Output range, inclusive: from the line containing "in_order = append-nil" to the line containing "base forks launched". Restate those lines from the data below word for word and only those.

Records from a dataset
----------------
-- ===== src/AppenderMode/Serves.antt =====
-- What the loop of the mode has launched and holds, against what it has read.
use mathlib.Core.Path.{subst}
use phxargs.Base.{
  sym, ℕ, ◌+◌, ◌*◌, ◌/◌, ◌≤◌, ◌<◌, ◌≡◌, refl, ap, ◌∙◌, ◌⊎◌, inl, inr, true, List, [], ◌∷◌, ◌++◌,
  map, none, Yields, returns, >>=-Yields, Yields-weaken, length, length-append, length-map, arith,
  append-nil, append_assoc,
}
use phxargs.Base.Strings.{Str}
use phxargs.Util.{size_max}
use phxargs.World.{Kernel}
use phxargs.ProcessPool.Reap.{IsLawful}
use phxargs.CommandArgs.Refines as Args
use phxargs.CommandArgs.Refines.{bytes_of, command_args_add-Yields}
use phxargs.Command.{Command, build_exec_args, recycle_command, command_add_input_argument}
use phxargs.Command.Limits.{create_input_args-Represents}
use phxargs.XargsMode.{XargsMode, xargs_mode_execute_command, xargs_mode_add_input_argument}
use phxargs.CommandArgs.{CommandArgs}
use phxargs.AppenderMode.Batches.{Room, Sound, Within, Growing}
use phxargs.AppenderMode.Batches.Moves.{Room-Admitted}
use phxargs.XargsMode.Launches.{
  SameCommand, Tracks, Continues, LaunchFails, no_fork, no_place, Executed, execute_command-Tracks,
}

-- Why a run over the tokens may leave the process: fork fails; there are 2^62 tokens or more; or there
-- is a batch of consecutive tokens too long for a command, within `-n`: of one token, or with `-x` and
-- either `-L` or `-n` in force.
pub data Reason (kernel : Kernel) (base : Command) (tokens : List Str) : Type 0 where
  fork_failed : (n : ℕ) → kernel.fork n ≡ none → Reason kernel base tokens
  too_many : size_max / 2 < 2 * length tokens + 1 → Reason kernel base tokens
  too_long :
      (front batch rest : List Str)
      → front ++ (batch ++ rest) ≡ tokens
      → (base.max_args ≡ 0) ⊎ (length batch ≤ base.max_args)
      → (length batch ≡ 1)
        ⊎ (base.terminate_on_too_large_command ≡ true)
          × ((base.line_mode ≡ true) ⊎ (0 < base.max_args))
      → base.max_length < base.env_length + base.fixed_args.length_bytes + bytes_of batch
      → Reason kernel base tokens

-- The fixed arguments with each batch.
abbrev pub with_fixed : Command → List (List Str) → List (List Str)
with_fixed base batches = map (λ batch. base.fixed_args.args ++ batch) batches

-- The mode has launched the command with each of the batches (the latest first), and holds the items.
pub record Serves (base : Command) (mode : XargsMode) (batches : List (List Str)) (items : List Str)
    : Type 0 where
  pub tracks : Tracks base mode (with_fixed base batches)
  pub arguments : Args.Represents mode.cmd.input_args items

-- The arguments of batches, the latest of which comes first, in the order of the input.
abbrev pub flat : List (List Str) → List Str
flat [] = []
flat (batch ∷ batches) = flat batches ++ batch

-- The arguments of the commands launched, and then those held, are the tokens seen; `bound` is no
-- less than the number of launches, and `Known` is what is known of the batches and the items held.
pub record Passing (base : Command) (Known : List (List Str) → List Str → Type 0) (mode : XargsMode)
    (seen : List Str) (bound : ℕ) : Type 0 where
  pub batches : List (List Str)
  pub items : List Str
  pub serves : Serves base mode batches items
  pub in_order : flat batches ++ items ≡ seen
  pub launches : length batches ≤ bound
  pub known : Known batches items

-- Between two tokens the batches are not empty, and each is full before what comes next; and all
-- is within the limits.
abbrev pub Passed : Command → XargsMode → List Str → ℕ → Type 0
Passed base = Passing base (Within base)

vector_lem :
    (base : Command) (mode : XargsMode) (batches : List (List Str)) (items : List Str)
    → base.arg_placeholder ≡ none
    → Serves base mode batches items
    → build_exec_args mode.cmd ≡ base.fixed_args.args ++ items
unfolding build_exec_args
vector_lem base mode batches items appending s =
    rw
      (
        s.tracks.same_command.same_placeholder ∙ appending,
        s.tracks.same_command.same_fixed_args,
        s.arguments.items_are,
      )
      refl

same_input :
    {base cmd : Command} {input_args : CommandArgs}
    → SameCommand base cmd
    → SameCommand base (record cmd { input_args = input_args })
same_input s = record {
  same_max_args = s.same_max_args;
  same_max_length = s.same_max_length;
  same_placeholder = s.same_placeholder;
  same_terminate = s.same_terminate;
  same_line_mode = s.same_line_mode;
  same_env_length = s.same_env_length;
  same_fixed_args = s.same_fixed_args;
}

module _ (kernel : Kernel) (law : IsLawful kernel) (base : Command)
    (appending : base.arg_placeholder ≡ none) where
  -- Nothing is held any more, unless the pool has halted.
  pub record Flushed (Known : List (List Str) → List Str → Type 0) (mode : XargsMode)
      (seen : List Str) (bound : ℕ) (mode' : XargsMode) : Type 0 where
    pub passed : Passing base Known mode' seen bound
    pub continues : Continues mode mode'
    pub nothing_held : (passed.items ≡ []) ⊎ (mode'.pool.halt ≡ true)

  -- What then is known where the pool has halted before the launch.
  abbrev pub WhereHalted :
      {Known : List (List Str) → List Str → Type 0} {mode : XargsMode} {seen : List Str} {bound : ℕ}
      → Passing base Known mode seen bound
      → (List (List Str) → List Str → Type 0)
      → Type 0
  WhereHalted p Then =
      (mode' : XargsMode)
      → mode'.pool.halt ≡ true
      → Tracks base mode' (with_fixed base p.batches)
      → Then p.batches p.items

  Executed-Flushed :
      {Known Then : List (List Str) → List Str → Type 0} {mode : XargsMode} {seen : List Str}
      {bound : ℕ} (mode' : XargsMode)
      → (p : Passing base Known mode seen bound) → WhereHalted p Then
      → Then (p.items ∷ p.batches) []
      → Executed kernel base mode (with_fixed base p.batches) mode'
      → Flushed Then mode seen (bound + 1) mode'
  unfolding recycle_command
  Executed-Flushed mode' p same flushed (i, inl (halted, same_cmd, t)) = record {
    passed = record {
      batches = p.batches;
      items = p.items;
      serves = record {
        tracks = t;
        arguments =
            subst (λ (c : Command). Args.Represents c.input_args p.items) (sym same_cmd)
              p.serves.arguments;
      };
      in_order = p.in_order;
      launches = omega (arith, p.launches);
      known = same mode' halted t;
    };
    continues = i;
    nothing_held = inr halted;
  }
  Executed-Flushed {mode} mode' p same flushed (i, inr (_, fresh, t)) = record {
    passed = record {
      batches = p.items ∷ p.batches;
      items = [];
      serves = record {
        tracks =
            subst (λ vector. Tracks base mode' (vector ∷ with_fixed base p.batches))
              (vector_lem base mode p.batches p.items appending p.serves) t;
        arguments =
            subst (λ (c : Command). Args.Represents c.input_args []) (sym fresh)
              (create_input_args-Represents mode.cmd.max_args);
      };
      in_order = append-nil (flat p.batches ++ p.items) ∙ p.in_order;
      launches = omega (arith, p.launches);
      known = flushed;
    };
    continues = i;
    nothing_held = inl refl;
  }

  LaunchFails-Reason :
      {forks : ℕ} {launched : List (List Str)} {tokens : List Str}
      → LaunchFails kernel base forks launched
      → length launched ≤ 2 * length tokens + 1
      → Reason kernel base tokens
  LaunchFails-Reason {forks} (no_fork failed) h = fork_failed forks failed
  LaunchFails-Reason (no_place many) h = too_many (omega arith)

  -- An execution launches what is held.
  pub execute-Flushed :
      {Known Then : List (List Str) → List Str → Type 0} (mode : XargsMode) (seen tokens : List Str)
      (bound : ℕ)
      → (p : Passing base Known mode seen bound) → WhereHalted p Then
      → Then (p.items ∷ p.batches) []
      → bound ≤ 2 * length tokens + 1
      → Yields
          (Reason kernel base tokens)
          (Flushed Then mode seen (bound + 1))
          (xargs_mode_execute_command kernel mode)
  execute-Flushed {Then} mode seen tokens bound p same flushed h =
      Yields-weaken
        (execute_command-Tracks kernel base mode (with_fixed base p.batches) law p.serves.tracks)
        (λ mode' x. Executed-Flushed {Then = Then} mode' p same flushed x)
        (λ why. LaunchFails-Reason why (
          omega (arith, length-map (λ batch. base.fixed_args.args ++ batch) p.batches, p.launches)))

  -- A token is held.
  pub add-Passed :
      (mode : XargsMode) (seen rest : List Str) (token : Str) (bound : ℕ)
      → (p : Passing base (Sound base) mode seen bound) → Room base p.batches p.items token
      → Yields
          (Reason kernel base (seen ++ token ∷ rest))
          (λ mode'.
            Continues mode mode' × Passing base (Growing base) mode' (seen ++ token ∷ []) bound)
          (xargs_mode_add_input_argument mode token)
  unfolding xargs_mode_add_input_argument command_add_input_argument
  add-Passed mode seen rest token bound p room =
      >>=-Yields _
        (>>=-Yields
          {Q = λ cmd'.
            SameCommand base cmd' × Args.Represents cmd'.input_args (p.items ++ token ∷ [])}
          _
          (Yields-weaken (command_args_add-Yields token p.serves.arguments) (λ _ r. r)
            (λ many. too_many (
              omega (
                arith,
                ap length p.in_order,
                length-append (flat p.batches) p.items,
                length-append seen (token ∷ rest),
              ))))
          (λ input_args r. returns (same_input p.serves.tracks.same_command, r)))
        (λ cmd (same, r). returns (
          record { toker_same = refl; source_same = refl; halt_stays = λ h. h },
          record {
            batches = p.batches;
            items = p.items ++ token ∷ [];
            serves = record {
              tracks = record {
                children = p.serves.tracks.children;
                consistent = p.serves.tracks.consistent;
                same_command = same;
                history = p.serves.tracks.history;
              };
              arguments = r;
            };
            in_order =
                sym (append_assoc (flat p.batches) p.items (token ∷ []))
                ∙ ap (λ xs. xs ++ token ∷ []) p.in_order;
            launches = p.launches;
            known = record {
              limited = p.known.limited;
              filled = p.known.filled;
              full = room.full;
              held = Room-Admitted p.items token room;
              some_held = omega (arith, length-append p.items (token ∷ []));
            };
          },
        ))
----------------
> **Answer**:
      in_order = append-nil (flat p.batches ++ p.items) ∙ p.in_order;
      launches = omega (arith, p.launches);
      known = flushed;
    };
    continues = i;
    nothing_held = inl refl;
  }

  LaunchFails-Reason :
      {forks : ℕ} {launched : List (List Str)} {tokens : List Str}
      → LaunchFails kernel base forks launched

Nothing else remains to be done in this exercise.